- Data for this exercise
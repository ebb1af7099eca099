-- ===== src/Errors/Ignored.antt =====
-- What the list of ignored errors silences.
use win_perf_counters.Errors.{as_pdh, check_error}
use win_perf_counters.Pdh.Table.{pdh_errors, error_name}
use win_perf_counters.Prelude.{
  ℕ, ◌≡◌, refl, sym, ◌≢◌, ◌↔◌, ◌⊎◌, inl, inr, Bool, true, false, not, ◌&&◌, none, some, List, [],
  ◌∷◌, ◌==◌, if◌then◌else◌, arith,
}
use win_perf_counters.Result.{PdhError, Error}
use win_perf_counters.Text.Equality.{text_eq_iff}
use win_perf_counters.Text.{Text, text_eq}

-- The entry stands in the table.
abbrev pub Lists : List (ℕ × Text) → ℕ → Text → Type 0
Lists [] code name = ⊥
Lists ((c, n) ∷ table) code name = ((c ≡ code) × (n ≡ name)) ⊎ Lists table code name

-- A code, and a name, that is in no entry.
fresh_code : ℕ → List (ℕ × Text) → Bool
fresh_code code [] = true
fresh_code code ((c, n) ∷ table) = not (c == code) && fresh_code code table

fresh_name : Text → List (ℕ × Text) → Bool
fresh_name name [] = true
fresh_name name ((c, n) ∷ table) = not (text_eq n name) && fresh_name name table

-- Every code and every name stands in one entry, and no name is empty.
is_table : List (ℕ × Text) → Bool
is_table [] = true
is_table ((c, n) ∷ table) =
    not (text_eq n []) && fresh_code c table && fresh_name n table && is_table table

pdh_errors-is_table : is_table pdh_errors ≡ true
unfolding is_table pdh_errors fresh_code fresh_name text_eq
pdh_errors-is_table = refl

fresh_code-Lists :
    (code : ℕ) (name : Text) (t : List (ℕ × Text)) → Lists t code name → fresh_code code t ≡ false
unfolding fresh_code
fresh_code-Lists code name [] l = elim l [ ]
fresh_code-Lists code name ((c, n) ∷ t) (inl (e, f)) = ground arith
fresh_code-Lists code name ((c, n) ∷ t) (inr l) = ground (arith, fresh_code-Lists code name t l)

fresh_name-Lists :
    (code : ℕ) (name : Text) (t : List (ℕ × Text)) → Lists t code name → fresh_name name t ≡ false
unfolding fresh_name
fresh_name-Lists code name [] l = elim l [ ]
fresh_name-Lists code name ((c, n) ∷ t) (inl (e, f)) = ground (arith, text_eq_iff n name)
fresh_name-Lists code name ((c, n) ∷ t) (inr l) = ground (arith, fresh_name-Lists code name t l)

-- A name that is fresh and not empty is the name of no code.
fresh_name-error_name :
    (code : ℕ) (name : Text) (t : List (ℕ × Text))
    → fresh_name name t ≡ true
    → name ≢ []
    → error_name t code ≢ name
unfolding fresh_name error_name
fresh_name-error_name code name [] f ne e = ne (sym e)
fresh_name-error_name code name ((c, n) ∷ t) f ne e =
    ground (arith, text_eq_iff n name, fresh_name-error_name code name t)

error_name-Lists :
    (t : List (ℕ × Text)) (code : ℕ) (name : Text)
    → is_table t ≡ true
    → Lists t code name
    → error_name t code ≡ name
unfolding is_table error_name
error_name-Lists [] code name h l = elim l [ ]
error_name-Lists ((c, n) ∷ t) code name h (inl (e, f)) = ground arith
error_name-Lists ((c, n) ∷ t) code name h (inr l) =
    ground (arith, fresh_code-Lists code name t l, error_name-Lists t code name)

Lists-nonempty :
    (t : List (ℕ × Text)) (code : ℕ) (name : Text)
    → is_table t ≡ true
    → Lists t code name
    → name ≢ []
unfolding is_table
Lists-nonempty [] code name h l z = elim l [ ]
Lists-nonempty ((c, n) ∷ t) code name h (inl (e, f)) z = ground (arith, text_eq_iff n [])
Lists-nonempty ((c, n) ∷ t) code name h (inr l) z = ground (arith, Lists-nonempty t code name)

error_name_injective :
    (t : List (ℕ × Text)) (code other : ℕ) (name : Text)
    → is_table t ≡ true
    → Lists t code name
    → error_name t other ≡ name
    → other ≡ code
unfolding is_table error_name
error_name_injective [] code other name h l g = elim l [ ]
error_name_injective ((c, n) ∷ t) code other name h (inl (e, f)) g =
    ground (arith, fresh_name-error_name other n t, text_eq_iff n [])
error_name_injective ((c, n) ∷ t) code other name h (inr l) g =
    ground (arith, fresh_name-Lists code name t l, error_name_injective t code other name)

-- The table gives each of its codes its name, and the name to no other code.
pub error_name_iff :
    (code other : ℕ) (name : Text)
    → Lists pdh_errors code name
    → (error_name pdh_errors other ≡ name) ↔ (other ≡ code)
error_name_iff code other name l = (
  error_name_injective pdh_errors code other name pdh_errors-is_table l,
  λ e. rw e (error_name-Lists pdh_errors code name pdh_errors-is_table l),
)

-- With one name of the table in `IgnoredErrors`, an error that carries a status, wrapped or not, is
-- ignored exactly when that status has the code of the name; otherwise it is returned unchanged.
pub check_error_single :
    (code : ℕ) (name : Text) (e : Error) (p : PdhError)
    → Lists pdh_errors code name
    → as_pdh e ≡ some p
    → check_error (name ∷ []) e ≡ (if p.error_code == code then none else some e)
unfolding check_error
check_error_single code name e p l a =
    let same = error_name_iff code p.error_code name l in
    ground (arith, text_eq_iff name (error_name pdh_errors p.error_code), same)

-- An error that carries no status is never ignored.
pub check_error_other :
    (ignored : List Text) (e : Error) → as_pdh e ≡ none → check_error ignored e ≡ some e
unfolding check_error
check_error_other ignored e a = rw a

- Task objective
Take the entries above and copy them exactly from the first line through the line with "fresh_name name ((c, n)"; leave out every line after it.

- Result of this task
repository ebb1af7099eca099
-- ===== src/Errors/Ignored.antt =====
-- What the list of ignored errors silences.
use win_perf_counters.Errors.{as_pdh, check_error}
use win_perf_counters.Pdh.Table.{pdh_errors, error_name}
use win_perf_counters.Prelude.{
  ℕ, ◌≡◌, refl, sym, ◌≢◌, ◌↔◌, ◌⊎◌, inl, inr, Bool, true, false, not, ◌&&◌, none, some, List, [],
  ◌∷◌, ◌==◌, if◌then◌else◌, arith,
}
use win_perf_counters.Result.{PdhError, Error}
use win_perf_counters.Text.Equality.{text_eq_iff}
use win_perf_counters.Text.{Text, text_eq}

-- The entry stands in the table.
abbrev pub Lists : List (ℕ × Text) → ℕ → Text → Type 0
Lists [] code name = ⊥
Lists ((c, n) ∷ table) code name = ((c ≡ code) × (n ≡ name)) ⊎ Lists table code name

-- A code, and a name, that is in no entry.
fresh_code : ℕ → List (ℕ × Text) → Bool
fresh_code code [] = true
fresh_code code ((c, n) ∷ table) = not (c == code) && fresh_code code table

fresh_name : Text → List (ℕ × Text) → Bool
fresh_name name [] = true
fresh_name name ((c, n) ∷ table) = not (text_eq n name) && fresh_name name table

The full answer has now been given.